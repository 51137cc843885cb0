-- ===== src/Conversion/Wrappers/Unoconv/LineEnds.antt =====
-- packages/conversion-service/src/service/unoconv/unoconv.ts: the lines that the program writes are the
-- lines that `stderr.split("\n")` gives.
use Prim.Native.String as Text
use dynamic_conversion_servi.Prelude.{
  suc, String, false, List, [], ◌∷◌, ◌++◌, map, ◌≡◌, refl, ap, ◌∙◌, All,
}
use dynamic_conversion_servi.Conversion.Configuration.{split}
use dynamic_conversion_servi.Conversion.Wrappers.Unoconv.{Section, heading}
use dynamic_conversion_servi.Conversion.Wrappers.Unoconv.Texts.{
  has_code, has_code-concat, split-concat, spaces,
}
use dynamic_conversion_servi.Conversion.Wrappers.Unoconv.Show.{
  Shown, Listing, show_line, show_section, show_lines, unlines, IsShown, IsListing,
}
use dynamic_conversion_servi.Conversion.Wrappers.Unoconv.LineLaws.{has_code-spaces}

-- No line holds a line end.
abbrev pub IsLine : String → Type 0
IsLine line = has_code b'\n' line ≡ false

-- Splitting at the line ends gives the lines and an empty last one.
pub split-unlines :
    (lines : List String) → All IsLine lines → split b'\n' (unlines lines) ≡ lines ++ Text.[] ∷ []
unfolding split
split-unlines [] h = refl
split-unlines (line ∷ lines) (h, hs) =
    split-concat b'\n' line "\n" (unlines lines) h refl
    ∙ ap (λ rest. line ∷ rest) (split-unlines lines hs)

All-append : (xs ys : List String) → All IsLine xs → All IsLine ys → All IsLine (xs ++ ys)
All-append [] ys h hs = hs
All-append (x ∷ xs) ys (h, hs) hys = (h, All-append xs ys hs hys)

show_line-IsLine : (f : Shown) → IsShown f → IsLine (show_line f)
unfolding show_line
show_line-IsLine f h =
    has_code-concat b'\n' f.format _ h.0.4
    ∙ has_code-concat b'\n' (spaces (suc f.padding)) _ (has_code-spaces b'\n' (suc f.padding) refl)
    ∙ has_code-concat b'\n' f.description _ h.1.4
    ∙ has_code-concat b'\n' f.extension _ h.2.4

map-IsLine : (es : List Shown) → All IsShown es → All IsLine (map show_line es)
map-IsLine [] h = tt
map-IsLine (e ∷ es) (h, hs) = (show_line-IsLine e h, map-IsLine es hs)

heading-IsLine : (section : Section) → IsLine (heading section)
unfolding heading
heading-IsLine Section.documents = refl
heading-IsLine Section.drawings = refl
heading-IsLine Section.presentations = refl
heading-IsLine Section.spreadsheets = refl

section-IsLine :
    (section : Section) (es : List Shown) → All IsShown es → All IsLine (show_section section es)
section-IsLine section es h = (
  heading-IsLine section,
  (refl, All-append (map show_line es) (Text.[] ∷ []) (map-IsLine es h) (refl, tt)),
)

pub lines-IsLine : (l : Listing) → IsListing l → All IsLine (show_lines l)
lines-IsLine l (hd, hg, hp, hs) =
    let documents = show_section Section.documents l.document in
    let drawings = show_section Section.drawings l.graphics in
    let presentations = show_section Section.presentations l.presentation in
    let spreadsheets = show_section Section.spreadsheets l.spreadsheet in
    All-append (documents ++ drawings ++ presentations) spreadsheets
      (All-append (documents ++ drawings) presentations
        (All-append documents drawings (section-IsLine Section.documents l.document hd)
          (section-IsLine Section.drawings l.graphics hg))
        (section-IsLine Section.presentations l.presentation hp))
      (section-IsLine Section.spreadsheets l.spreadsheet hs)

※ ※ ※

Exercise description → Within the listing above, extract exactly the lines from the line with "-- No line holds a line end." to the line with "unfolding split", the two named lines included, and no others.

Response to the task →
-- No line holds a line end.
abbrev pub IsLine : String → Type 0
IsLine line = has_code b'\n' line ≡ false

-- Splitting at the line ends gives the lines and an empty last one.
pub split-unlines :
    (lines : List String) → All IsLine lines → split b'\n' (unlines lines) ≡ lines ++ Text.[] ∷ []
unfolding split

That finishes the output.